A Numerical Study of Axisymmetric Wave Propagation in Buried Fluid-Filled Pipes for Optimizing the Vibro-Acoustic Technique when Locating Gas Pipelines

Abstract

Buried pipeline systems play a vital role in energy storage and transportation, especially for fluid energies like water and gas. The ability to locate buried pipes is of great importance since it is fundamental for leakage detection, pipeline maintenance, and pipeline repair. The vibro-acoustic locating method, as one of the most effective detection technologies, has been studied by many researchers. However, previous studies have mainly focused on vibro-acoustic propagation in buried water pipes. Limited research has been conducted on buried gas pipes. In this paper, the behavior of gas-dominated wave motion will be investigated and compared against water-dominated wave motion by adapting an established analytical model of axisymmetric wave motion in buried fluid-filled pipes. Furthermore, displacement profiles in spatial domain resulting from gas-dominated wave in buried gas pipeline systems will be analyzed, and the effects of pipe material, soil property, as well as mode wave type will be discussed in detail. An effective radiation coefficient (ERC) is proposed to measure the effective radiation ability of gas-dominated wave and water-dominated wave. It is observed that the gas-dominated wave in gas pipes cannot radiate into surrounded soil as effectively as water-dominated wave in water pipes because of the weak coupling between gas and pipe-soil. In this case, gas-dominated wave may not be the best choice as the target wave for locating buried gas pipes.

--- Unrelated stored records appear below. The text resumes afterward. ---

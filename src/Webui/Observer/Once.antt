-- ===== src/Webui/Observer/Once.antt =====
-- internal/webui: a text message that passes the bridge several times is one message of the chat.
use go_meshtastic_serial2tcp.Prelude.{
  ℕ, ◌≡◌, ◌≢◌, refl, sym, ap, ◌∙◌, subst, Bool, true, false, Option, none, some, List, [], ◌∷◌,
  arith, Option-cases, inl, inr, if_cases, is_nil, some_inj,
}
use go_meshtastic_serial2tcp.Prelude.Keys.{Text}
use go_meshtastic_serial2tcp.Meshtastic.{Codec, MeshPacket, FromRadio, ToRadio}
use go_meshtastic_serial2tcp.Meshtastic.Printer.{Printer}
use go_meshtastic_serial2tcp.Webui.Hub.{Hub, Event, record_event}
use go_meshtastic_serial2tcp.Webui.Nodes.{touch_node_activity}
use go_meshtastic_serial2tcp.Webui.Protos.{cache_packet_proto}
use go_meshtastic_serial2tcp.Webui.Chat.{chat_window}
use go_meshtastic_serial2tcp.Webui.Chat.Laws.{ids, is_new}
use go_meshtastic_serial2tcp.Webui.Chat.Repeat.{IsRecent, record_chat-IsRecent, record_chat-ids}
use go_meshtastic_serial2tcp.Webui.Packets.{
  chat_text, received_message, try_record_chat_from_packet,
}
use go_meshtastic_serial2tcp.Webui.Observer.{
  Ambient, radio_event, request_event, try_record_chat_packet, observe_packet, observe_variant,
  observe_request, observe_from_radio, observe_to_radio, observe_payload,
}
use go_meshtastic_serial2tcp.Webui.Observer.Keeps.{
  cache_packet_proto-same, touch_node_activity-chats,
}

-- One call of ObservePayload, with what it finds.
pub record Sighting : Type 0 where
  pub ambient : Ambient
  pub direction : Text
  pub addr : Text
  pub payload : Text
  pub from_radio : Bool

-- The payload is a packet, and which.
abbrev pub Carries : Codec → Text → Bool → MeshPacket → Type 0
Carries p [] from_radio pkt = ⊥
Carries p (c ∷ s) true pkt = p.unmarshal_from_radio (c ∷ s) ≡ some (FromRadio.packet (some pkt))
Carries p (c ∷ s) false pkt = p.unmarshal_to_radio (c ∷ s) ≡ some (ToRadio.packet (some pkt))

record_event-chats : (now : ℕ) (h : Hub) (ev : Event) → (record_event now h ev).chats ≡ h.chats
unfolding record_event
record_event-chats now h ev = refl

module _ (q : Printer) where
  -- The hub of which tryRecordChatPacket sees the chat.
  abbrev before_chat : Ambient → Hub → MeshPacket → Hub
  before_chat a h pkt =
      cache_packet_proto q a.range (touch_node_activity a.now h pkt.from pkt.rx_snr a.now)
        (some pkt)

  before_chat-chats :
      (a : Ambient) (h : Hub) (pkt : MeshPacket) → (before_chat a h pkt).chats ≡ h.chats
  before_chat-chats a h pkt =
      (cache_packet_proto-same q a.range (touch_node_activity a.now h pkt.from pkt.rx_snr a.now)
        pkt).1
      ∙ touch_node_activity-chats a.now h pkt.from pkt.rx_snr a.now

  -- A call that ends well has found the number of the radio's node, or no radio.
  abbrev Chatted : Ambient → Hub → MeshPacket → Hub → Type 0
  Chatted a h pkt g =
      (local : ℕ) × (a.local ≡ some local)
      × (g.chats
          ≡ (try_record_chat_from_packet q a.now (before_chat a h pkt) (some pkt) local).chats)

  observe_packet-Chatted :
      (a : Ambient) (h g : Hub) (ev : Event) (pkt : MeshPacket)
      → observe_packet q a h ev (some pkt) ≡ some g
      → Chatted a h pkt g
  unfolding observe_packet try_record_chat_packet
  observe_packet-Chatted a h g ev pkt e = elim (Option-cases a.local) [
    | inl n ↦ absurd (impossible (rw (n, try_record_chat_packet) at e))
    | inr (local, l) ↦ (
      local,
      l,
      ap (λ (x : Hub). x.chats) (sym (some_inj (rw (l, try_record_chat_packet) at e)))
          ∙ record_event-chats a.now _ _,
    )
  ]
    where
      impossible : ◌≡◌ {A = Option Hub} none (some g) → ⊥
      impossible k = cc

  module _ (p : Codec) where
    abbrev pub observe : Hub → Sighting → Option Hub
    observe h s = observe_payload q p s.ambient h s.direction s.addr s.payload s.from_radio

    -- ObservePayload, once for each, until one panics.
    abbrev pub observe_all : Hub → List Sighting → Option Hub
    observe_all h [] = some h
    observe_all h (s ∷ ss) = elim (observe h s) [ none ↦ none | some g ↦ observe_all g ss ]

    observe_payload-Chatted :
        (a : Ambient) (h g : Hub) (dir addr payload : Text) (from_radio : Bool) (pkt : MeshPacket)
        → Carries p payload from_radio pkt
        → observe_payload q p a h dir addr payload from_radio ≡ some g
        → Chatted a h pkt g
    unfolding observe_payload observe_from_radio observe_to_radio observe_variant observe_request
    observe_payload-Chatted a h g dir addr [] from_radio pkt c e = absurd c
    observe_payload-Chatted a h g dir addr (x ∷ s) true pkt c e =
        observe_packet-Chatted a h g (radio_event q dir addr (FromRadio.packet (some pkt))) pkt
          (rw (c, observe_payload) at e)
    observe_payload-Chatted a h g dir addr (x ∷ s) false pkt c e =
        observe_packet-Chatted a h g (request_event q dir addr (ToRadio.packet (some pkt))) pkt
          (rw (c, observe_payload) at e)

  try_record-recent :
      (now : ℕ) (h : Hub) (pkt : MeshPacket) (local : ℕ)
      → IsRecent pkt.id h.chats
      → ids (try_record_chat_from_packet q now h (some pkt) local).chats ≡ ids h.chats
  unfolding try_record_chat_from_packet
  try_record-recent now h pkt local recent =
      if_cases (λ (x : Hub). ids x.chats ≡ ids h.chats) (is_nil (chat_text pkt)) (λ _. refl)
        (λ _. record_chat-ids now h (received_message q now h pkt local) recent)

  try_record-IsRecent :
      (now : ℕ) (h : Hub) (pkt : MeshPacket) (local : ℕ)
      → is_nil (chat_text pkt) ≡ false
      → pkt.id ≢ 0
      → pkt.from ≢ local
      → IsRecent pkt.id (try_record_chat_from_packet q now h (some pkt) local).chats
  unfolding try_record_chat_from_packet
  try_record-IsRecent now h pkt local text nz other =
      rw text (record_chat-IsRecent now h (received_message q now h pkt local) (ground arith) nz)

  module _ (p : Codec) where
    -- Each of the packets has this id.
    abbrev pub AllSame : ℕ → List Sighting → Type 0
    AllSame id [] = Unit
    AllSame id (s ∷ ss) =
        ((pkt : MeshPacket) × Carries p s.payload s.from_radio pkt × (pkt.id ≡ id)) × AllSame id ss

    seen_again :
        (id : ℕ) (ss : List Sighting) (h g : Hub)
        → AllSame id ss
        → IsRecent id h.chats
        → observe_all p h ss ≡ some g
        → ids g.chats ≡ ids h.chats
    seen_again id [] h g same recent e = ap (λ (x : Hub). ids x.chats) (sym (some_inj e))
    seen_again id (s ∷ ss) h g same recent e = elim (Option-cases (observe p h s)) [
      | inl n ↦ absurd (impossible (rw (n, observe_all) at e))
      | inr (x, o) ↦
          let ids_eq : ids x.chats ≡ ids h.chats = once x o in
          seen_again id ss x g same.1
            (subst (λ js. is_new chat_window id js ≡ false) (sym ids_eq) recent)
            (rw (o, observe_all) at e)
          ∙ ids_eq
    ]
      where
        impossible : ◌≡◌ {A = Option Hub} none (some g) → ⊥
        impossible k = cc

        once : (x : Hub) → observe p h s ≡ some x → ids x.chats ≡ ids h.chats
        once x o =
            let (pkt, carried, id_eq) = same.0 in
            let (local, l, chats) =
              observe_payload-Chatted p s.ambient h x s.direction s.addr s.payload s.from_radio pkt
                carried o in
            let b = before_chat-chats s.ambient h pkt in
            ap ids chats
            ∙ try_record-recent s.ambient.now (before_chat s.ambient h pkt) pkt local (
                subst (λ i. is_new chat_window i (ids (before_chat s.ambient h pkt).chats) ≡ false)
                  (sym id_eq) (subst (λ cs. is_new chat_window id (ids cs) ≡ false) (sym b) recent))
            ∙ ap ids b

    -- A packet with a text, with an id that is not 0 and not sent by the radio's own node, is
    -- observed on its way, in either direction. Then packets with the same id are observed, as
    -- often as you like, in whatever directions, from and to whichever clients, with whatever
    -- content. If no call panics, the packet is in the chat, among the latest eight messages, after
    -- the first call, and the later calls add no message to the chat and remove none.
    pub observe-observe_all :
        (s : Sighting) (ss : List Sighting) (pkt : MeshPacket) (local : ℕ) (h g k : Hub)
        → Carries p s.payload s.from_radio pkt
        → is_nil (chat_text pkt) ≡ false
        → pkt.id ≢ 0
        → s.ambient.local ≡ some local
        → pkt.from ≢ local
        → AllSame pkt.id ss
        → observe p h s ≡ some g
        → observe_all p g ss ≡ some k
        → (is_new chat_window pkt.id (ids g.chats) ≡ false) × (ids k.chats ≡ ids g.chats)
    observe-observe_all s ss pkt local h g k carried text nz l other same first later =
        let (local', l', chats) =
          observe_payload-Chatted p s.ambient h g s.direction s.addr s.payload s.from_radio pkt
            carried first in
        let same_local : local ≡ local' = some_inj (sym l ∙ l') in
        let recent : IsRecent pkt.id g.chats =
          subst (λ cs. IsRecent pkt.id cs) (sym chats)
            (try_record-IsRecent s.ambient.now (before_chat s.ambient h pkt) pkt local' text nz
              (subst (λ i. pkt.from ≢ i) same_local other)) in
        (recent, seen_again pkt.id ss g k same recent later)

Therefore, the soil displacements result from the shell-dominated wave are also investigated and compared with those from gas-dominated wave. The results show that for buried gas pipes, the soil displacements due to radiation of shell-dominated wave are stronger than gas-dominated wave, which differs from buried water pipe. Hence, an effectively exciting shell-dominated wave is beneficial for generating stronger vibration signals and obtaining the location information. The findings of this study provide theoretical insight for optimizing the current vibro-acoustic method when locating buried gas pipes.